Task brief
Only lines that contain the word "else" belong in the answer; copy them from the records below.

(Source records)
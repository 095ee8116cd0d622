-- ===== src/InfoFile.antt =====
-- src/core/socket_server/info_file.h: the hash of a name and the paths of the info files.
pub mod Hash
pub mod Path
use multisim.Base.{
  ℕ, zero, suc, ◌+◌, ◌-◌, ◌*◌, ◌/◌, ◌%◌, ◌^◌, [], ◌∷◌, ◌++◌, ltb, if◌then◌else◌, Bytes, codes,
  bit_xor, length, take,
}

-- One round of the loop; the product wraps in `uint64_t`.
pub fnv_step : ℕ → ℕ → ℕ
fnv_step hash c = (bit_xor hash c * 1099511628211) % 2 ^ 64

pub fnv_loop : ℕ → Bytes → ℕ
unfolding fnv_step
fnv_loop hash [] = hash
fnv_loop hash (c ∷ name) = fnv_loop (fnv_step hash c) name

abbrev pub fnv_offset : ℕ
fnv_offset = 14695981039346656037

pub hex_digit : ℕ → ℕ
hex_digit d = if ltb d 10 then b'0' + d else b'a' + (d - 10)

-- `%0<n>llx` of a value below 16 ^ n, which has no more digits than that.
pub hex : ℕ → ℕ → Bytes
unfolding hex_digit
hex zero v = []
hex (suc n) v = hex n (v / 16) ++ hex_digit (v % 16) ∷ []

unfoldable pub fnv1a_hash_str : Bytes → Bytes
unfolding fnv_loop hex
fnv1a_hash_str name = hex 16 (fnv_loop fnv_offset name)

-- The two forms of `file`: the whole name, and the one for a name that is too long.
unfoldable pub whole_file : Bytes → Bytes → Bytes
whole_file prefix name = prefix ++ (name ++ codes ".txt")

unfoldable pub hashed_file : Bytes → Bytes → Bytes
hashed_file prefix name =
    prefix ++ (take 200 name ++ (codes "_" ++ (fnv1a_hash_str name ++ codes ".txt")))

unfoldable pub info_file_name : Bytes → Bytes → Bytes
unfolding whole_file hashed_file
info_file_name prefix name =
    if ltb 255 (length (whole_file prefix name))
    then hashed_file prefix name
    else whole_file prefix name

unfoldable pub info_file_path : Bytes → Bytes → Bytes → Bytes
unfolding info_file_name
info_file_path info_dir prefix name = info_dir ++ (codes "/" ++ info_file_name prefix name)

Exercise result
  ℕ, zero, suc, ◌+◌, ◌-◌, ◌*◌, ◌/◌, ◌%◌, ◌^◌, [], ◌∷◌, ◌++◌, ltb, if◌then◌else◌, Bytes, codes,
hex_digit d = if ltb d 10 then b'0' + d else b'a' + (d - 10)
    else whole_file prefix name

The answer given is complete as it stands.